# `64-`65 wiper harness



## Rukee (Feb 8, 2007)

My `65 has always been missing the wiper harness. Today I called ThePartsPlaceInc dot com for a switch and harness. They do not list one for a `65 but do for a `64. The switch and wiper motor are the same between the two, has anyone used a `64 wiper harness on their `65?


----------



## geeteeohguy (Feb 2, 2008)

No experience with that, but: pulled some parts from a nice '65 LeMans a couple of months back and would have grabbed the harness if I knew someone (you!) needed it. It had the two speed wipers, even. The gentleman may still have the car and be willing to help you out. He has posted here before, under the handle "dualtempests". His name is Joe, and he's a good guy. The car was a CA car in pretty good shape....I got a rear bumper, antenna, and some wiper arms.


----------



## olde-goat (Feb 1, 2009)

Rukee; you mention 'Wiper Harness'. I just completed the complete wiring of my 65 convertible and do not recall a separate harness for the wipers. All wiring for the wipers was part of the engine wiring harness which is routed through the bulk head connector. Were your wiper wires just cut off? If yes I would take apart the portion of the wiring harness and find the correct wires, then splice in the wires that you need. Wiring should be the same for both 64 and 65 as the wiper motors are the same. Also wiring in the main harness is specific for single speed and 2 speed. The wiring for the wipers is very clear in the wiring diagrams.


----------



## Rukee (Feb 8, 2007)

Yes I have the 2 speed wipers. Looks like I might have the washer 2 wire plug under the hood but nothing else (I have no washer motor attached to the wiper motor right now). There are no wires going to the switch. Years ago I was told they often melt down.


----------



## olde-goat (Feb 1, 2009)

Just to confirm, the switch wires go out to the engine compartment through the bulkhead connector.These wires are buried within the wiring harness. I found the wiring diagram but not sure how to post. Do you have an email address that I can send to?


----------



## Rukee (Feb 8, 2007)

PM sent, Thanks!!


----------



## olde-goat (Feb 1, 2009)

I sent two pages, was a large file, if you have any problems receiving let me know. Thanks


----------



## Rukee (Feb 8, 2007)

Thanks!! Looks like it runs with the light harness, not the engine harness. I'll have to check it out tomorrow. Thanks again. :cheers


----------



## FNG69 (Nov 15, 2009)

Rukee said:


> My `65 has always been missing the wiper harness.
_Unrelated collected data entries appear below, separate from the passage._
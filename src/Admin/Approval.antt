-- ===== src/Admin/Approval.antt =====
-- `ApproveRegistration`: its result (internal/repository/admin_repo.go).
use mathlib.Core.List.{map}
use proindustrial_backend.Common.{
  Bool, Bool-cases, List, Option, any, if◌then◌else◌, leb, none, take, Option-cases, String, [], ap,
  arith, eq_of_beq, false, find, inl, inr, length, map_if, nat_eq, not, refl, some, string_eq, sym,
  text_eq, true, ℕ, ◌+◌, ◌==◌, ◌^◌, ◌∙◌, ◌∷◌, ◌≡◌, ◌≤◌,
}
use proindustrial_backend.Common.Text.{Text, to_lower, trim_space}
use proindustrial_backend.Admin.{
  ApproveRegistrationResult, category_label, category_names, truncated_description, account_email,
  approve_body, approve_registration, approved, company_row, create_account, get_registration,
  next_company_slug, user_row,
}
use proindustrial_backend.Category.{category_groups}
use proindustrial_backend.Admin.Slugs.{next_company_slug_ok}
use proindustrial_backend.Database.{Db, Driver, World, ok, one, registration_not_found, statement}
use proindustrial_backend.Database.Ensures.{
  Ensures, Ensures-bind, Ensures-on_no_rows, Ensures-pure, Ensures-query_bind, Ensures-require_bind,
  Ensures-statement_bind, Ensures-transaction,
}
use proindustrial_backend.Database.Laws.{next, one_ok, statement_ok}
use proindustrial_backend.Model.{CategoryGroup, Company, ProviderRegistration, User}
use proindustrial_backend.Tables.{
  email_taken, insert_company, insert_user, registration_by_id, slug_taken, update_registration,
}

not-true : (b : Bool) → not b ≡ true → b ≡ false
not-true b h = ground arith

-- The description of the company: that of the registration, or its first 600 characters, trimmed.
abbrev pub cut : Option Text → Option Text
cut none = none
cut (some t) = if leb (length t) 600 then some t else some (trim_space (take 600 t))

-- The name of the category with that slug, or the slug itself.
abbrev pub label : Text → Text
label slug = elim (find (λ (g : CategoryGroup). g.slug == slug) category_groups) [
  | none ↦ slug
  | some g ↦ g.name
]

-- The rows of an approval, column by column, written at the times `t₁`, `t₂` and `t₃`.
pub record IsApproved (d : Driver) (unicode_lower : ℕ → ℕ) (id hash : String)
    (initial_password : Text) (before after : Db) (r : ApproveRegistrationResult) : Type 0 where
  pub reg : ProviderRegistration
  pub email : Text
  pub address : email ≡ to_lower unicode_lower (trim_space reg.email)
  pub found : find (λ (x : ProviderRegistration). x.id == id) before.registrations ≡ some reg
  pub pending : reg.status ≡ "pending"
  pub unused : any (λ (u : User). d.lower u.email == email) before.users ≡ false
  pub slug : Text
  pub free : any (λ (c : Company). c.slug == slug) before.companies ≡ false
  pub short : length slug ≤ 100
  pub t₁ : ℕ
  pub company : r.company ≡ record {
    id = d.uuid t₁;
    slug = slug;
    name = reg.company_name;
    tagline = none;
    description = cut reg.description;
    location = reg.region;
    region = reg.region;
    categories = reg.services;
    services = map label reg.services;
    phone = reg.phone;
    email = some email;
    website = none;
    years_active = none;
    featured = false;
    logo_url = none;
    cover_url = none;
    created_at = d.now t₁;
    updated_at = d.now t₁;
  }
  pub t₂ : ℕ
  pub user : r.user ≡ record {
    id = d.uuid t₂;
    email = email;
    password_hash = hash;
    company_id = some (d.uuid t₁);
    role = "provider";
    must_change_password = true;
    created_at = d.now t₂;
  }
  pub t₃ : ℕ
  pub registration : r.registration ≡ record reg {
    status = "approved";
    company_id = some (d.uuid t₁);
    user_id = some (d.uuid t₂);
    approved_at = some (d.now t₃);
    email = email;
  }
  pub password : r.initial_password ≡ initial_password
  pub tables : after ≡ record before {
    companies = r.company ∷ before.companies;
    users = r.user ∷ before.users;
    registrations =
        map_if
          (λ (x : ProviderRegistration). x.id == id)
          (λ x. record x {
            status = "approved";
            company_id = some (d.uuid t₁);
            user_id = some (d.uuid t₂);
            approved_at = some (d.now t₃);
            email = email;
          })
          before.registrations;
  }

truncated_description_lem : (o : Option Text) → truncated_description o ≡ cut o
unfolding truncated_description
truncated_description_lem none = refl
truncated_description_lem (some t) = refl

category_label_lem :
    (slug : Text) (gs : List CategoryGroup)
    → category_label slug gs
      ≡ elim (find (λ (g : CategoryGroup). g.slug == slug) gs) [ none ↦ slug | some g ↦ g.name ]
unfolding category_label
category_label_lem slug [] = refl
category_label_lem slug (g ∷ gs) = elim (Bool-cases (g.slug == slug)) [
  | inl hit ↦ rw hit refl
  | inr miss ↦ rw miss (category_label_lem slug gs)
]

category_names-map : (slugs : List Text) → category_names slugs ≡ map label slugs
unfolding category_names
category_names-map [] = refl
category_names-map (slug ∷ slugs) =
    λ i. category_label_lem slug category_groups i ∷ category_names-map slugs i

company_row_lem :
    (d : Driver) (t : ℕ) (reg : ProviderRegistration) (slug email : Text)
    → company_row d t reg slug email ≡ record (company_row d t reg slug email) {
      description = cut reg.description;
      services = map label reg.services;
    }
company_row_lem d t reg slug email = λ i. record (company_row d t reg slug email) {
  description = truncated_description_lem reg.description i;
  services = category_names-map reg.services i;
}

-- What the two insertions and the update return, and leave.
insert_company_ok :
    (c : Company) (db : Db) {r : Company} {db' : Db}
    → insert_company c db ≡ ok (r, db')
    → (r ≡ c) × (db' ≡ record db { companies = r ∷ db.companies })
unfolding insert_company
insert_company_ok c db h = ground arith

insert_user_ok :
    (d : Driver) (u : User) (db : Db) {r : User} {db' : Db}
    → insert_user d u db ≡ ok (r, db')
    → (r ≡ u) × (db' ≡ record db { users = r ∷ db.users })
unfolding insert_user
insert_user_ok d u db h = ground arith

pub update_registration_ok :
    (test : ProviderRegistration → Bool) (set : ProviderRegistration → ProviderRegistration)
    (db : Db) {r : ProviderRegistration} {db' : Db}
    → update_registration test set db ≡ ok (r, db')
    → (old : ProviderRegistration) × (find test db.registrations ≡ some old)
      × (r ≡ set old)
      × (db' ≡ record db { registrations = map_if test set db.registrations })
unfolding update_registration
update_registration_ok test set db h = elim (Option-cases (find test db.registrations)) [
  | inl missing ↦ absurd (ground arith)
  | inr (old, found) ↦ (old, found, ground arith, ground arith)
]

pub Ensures-get_registration :
    (d : Driver) (id : String) (w : World)
    → Ensures
        (get_registration d id)
        w
        (λ reg db. (registration_by_id id w.db ≡ some reg) × (db ≡ w.db))
Ensures-get_registration d id w =
    Ensures-on_no_rows registration_not_found
      (statement d (λ t db. one (registration_by_id id db) db)) w
      (λ reg db. (registration_by_id id w.db ≡ some reg) × (db ≡ w.db))
      λ reg h.
        one_ok (registration_by_id id w.db) w.db
          (statement_ok d (λ t db. one (registration_by_id id db) db) w h)

module _ (d : Driver) (unicode_lower : ℕ → ℕ) (id hash : String) (initial_password : Text) where
  abbrev Approves : Db → ApproveRegistrationResult → Db → Type 0
  Approves before r after = IsApproved d unicode_lower id hash initial_password before after r

  -- The three writes, one after the other.
  writes-IsApproved :
      {before db₂ db₃ db₄ : Db} (reg : ProviderRegistration) (slug : Text) (t₁ t₂ t₃ : ℕ)
      {company : Company} {user : User} {reg' : ProviderRegistration}
      → registration_by_id id before ≡ some reg
      → reg.status ≡ "pending"
      → email_taken d.lower (account_email d unicode_lower reg) before ≡ false
      → slug_taken slug before ≡ false
      → length slug ≤ 100
      → insert_company (company_row d t₁ reg slug (account_email d unicode_lower reg)) before
        ≡ ok (company, db₂)
      → insert_user d (user_row d t₂ (account_email d unicode_lower reg) hash company.id) db₂
        ≡ ok (user, db₃)
      → update_registration
          (λ r. r.id == id)
          (approved d t₃ company.id user.id (account_email d unicode_lower reg))
          db₃
        ≡ ok (reg', db₄)
      → Approves before
          (record {
            registration = reg';
            company = company;
            user = user;
            initial_password = initial_password;
            email_status = "";
            email_note = [];
          })
          db₄
  writes-IsApproved {before} {db₂} {db₃} reg slug t₁ t₂ t₃ {company} {user} found pending unused
        free short e₁ e₂ e₃ =
      let email = account_email d unicode_lower reg in
      let test = λ (r : ProviderRegistration). r.id == id in
      let set = approved d t₃ company.id user.id email in
      let (c, s₁) = insert_company_ok (company_row d t₁ reg slug email) before e₁ in
      let (u, s₂) = insert_user_ok d (user_row d t₂ email hash company.id) db₂ e₂ in
      let (old, there, r, s₃) = update_registration_ok test set db₃ e₃ in
      let s₁₂ : db₃
          ≡ record before { companies = company ∷ before.companies; users = user ∷ before.users } =
        s₂ ∙ ap (λ (db : Db). record db { users = user ∷ db.users }) s₁ in
      let rows : db₃.registrations ≡ before.registrations =
        ap (λ (db : Db). db.registrations) s₁₂ in
      let same : old ≡ reg = cc (there, found, ap (find test) rows) in
      let written = c ∙ company_row_lem d t₁ reg slug email in
      let owner : company.id ≡ d.uuid t₁ = ap (λ (x : Company). x.id) written in
      let login : user.id ≡ d.uuid t₂ = ap (λ (x : User). x.id) u in
      let marks = λ (x y : String). approved d t₃ x y email in
      let marked : marks company.id user.id ≡ marks (d.uuid t₁) (d.uuid t₂) =
        λ i. marks (owner i) (login i) in
      record {
        reg = reg;
        email = email;
        address = refl;
        found = found;
        pending = pending;
        unused = unused;
        slug = slug;
        free = free;
        short = short;
        t₁ = t₁;
        company = written;
        t₂ = t₂;
        user = u ∙ ap (λ x. user_row d t₂ email hash x) owner;
        t₃ = t₃;
        registration = r ∙ ap set same ∙ ap (λ f. f reg) marked;
        password = refl;
        tables =
            s₃
            ∙ ap (λ (db : Db). record db { registrations = map_if test set db.registrations }) s₁₂
            ∙ ap
                (λ f. record before {
                  companies = company ∷ before.companies;
                  users = user ∷ before.users;
                  registrations = map_if test f before.registrations;
                })
                marked;
      }

  Ensures-create_account :
      (before : Db) (reg : ProviderRegistration) (w : World)
      → w.db ≡ before
      → registration_by_id id before ≡ some reg
      → reg.status ≡ "pending"
      → email_taken d.lower (account_email d unicode_lower reg) before ≡ false
      → length before.companies + 3 ≤ 2 ^ 63
      → Ensures (create_account d unicode_lower id hash initial_password reg) w (Approves before)
  unfolding create_account
  Ensures-create_account before reg w start found pending unused few =
      Ensures-bind (next_company_slug d unicode_lower reg.company_name) _ w
        (λ s db. (slug_taken s w.db ≡ false) × (length s ≤ 100) × (db ≡ w.db)) (Approves before)
        (λ s h. next_company_slug_ok d unicode_lower reg.company_name w (rw start few) h)
        λ slug w₁ (free, short, s₁).
          Ensures-statement_bind _ w₁ (Approves before) d _ λ company w₂ e₁.
            Ensures-statement_bind _ w₂ (Approves before) d _ λ user w₃ e₂.
              Ensures-statement_bind _ w₃ (Approves before) d _ λ reg' w₄ e₃.
                Ensures-pure _ w₄ (Approves before) (
                  writes-IsApproved reg slug w₁.tick w₂.tick w₃.tick found pending unused
                    (rw start at free) short (rw (s₁ ∙ start) at e₁) e₂ e₃)

  -- Whenever an approval returns a result, with at most 2 ^ 63 - 3 companies in the table, the
  -- registration was found, pending, and its trimmed address in lower case in use by no user. Added
  -- were one company with the data of the registration, a slug that was free and a description of
  -- at most 600 characters, and one account with that address and hash, of role `provider`, whose
  -- password has to be changed; the registration is approved and linked to both, and nothing else
  -- changed.
  pub approve_registration_ok :
      (w : World) {r : ApproveRegistrationResult}
      → length w.db.companies + 3 ≤ 2 ^ 63
      → (approve_registration d unicode_lower id hash initial_password w).0 ≡ ok r
      → IsApproved d unicode_lower id hash initial_password w.db
          (approve_registration d unicode_lower id hash initial_password w).1.db
          r
  unfolding approve_registration approve_body
  approve_registration_ok w {r} few h =
      Ensures-transaction d (approve_body d unicode_lower id hash initial_password) w
        (Approves w.db)
        (Ensures-bind (get_registration d id) _ (next w)
          (λ reg db. (registration_by_id id w.db ≡ some reg) × (db ≡ w.db)) (Approves w.db)
          (Ensures-get_registration d id (next w))
          λ reg w₁ (found, s₁). Ensures-require_bind _ w₁ (Approves w.db) _ _ λ w₂ pending s₂.
            Ensures-query_bind _ w₂ (Approves w.db) d _ λ taken w₃ e s₃.
              Ensures-require_bind _ w₃ (Approves w.db) _ _ λ w₄ unused s₄.
                Ensures-create_account w.db reg w₄ (s₄ ∙ s₃ ∙ s₂ ∙ s₁) found
                  (eq_of_beq reg.status "pending" pending)
                  (ap (email_taken d.lower (account_email d unicode_lower reg)) (sym (s₂ ∙ s₁))
                    ∙ sym e
                    ∙ not-true taken unused)
                  few)
        r h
Shows how often it has been in the rain...Still love a vinyl roof car it just looks GOOD!!!!!!!!!!!..Les


----------



## Rukee (Feb 8, 2007)

FNG69 said:


> Shows how often it has been in the rain...Les


Right!! It never sees water....I don't even wash it!


----------



## zzomby (Aug 23, 2009)

Old subject but new viewer. I have installed my wiper motor but it clicked and then nothing. I bought a new-rebuilt motor plugged the wires in and nothing. I would appreciate a reference to a wiring diagram if anyone has one. I installed new wiring throughout the car but the wiper area was unclear. It is a 2 speed with washer pump.


----------



## zzomby (Aug 23, 2009)

Old subject but new viewer. I have installed my wiper motor but it clicked and then nothing. I bought a new-rebuilt motor plugged the wires in and nothing. I would appreciate a reference to a wiring diagram if anyone has one. I installed new wiring throughout the car but the wiper area was unclear. It is a 2 speed with washer pump.


----------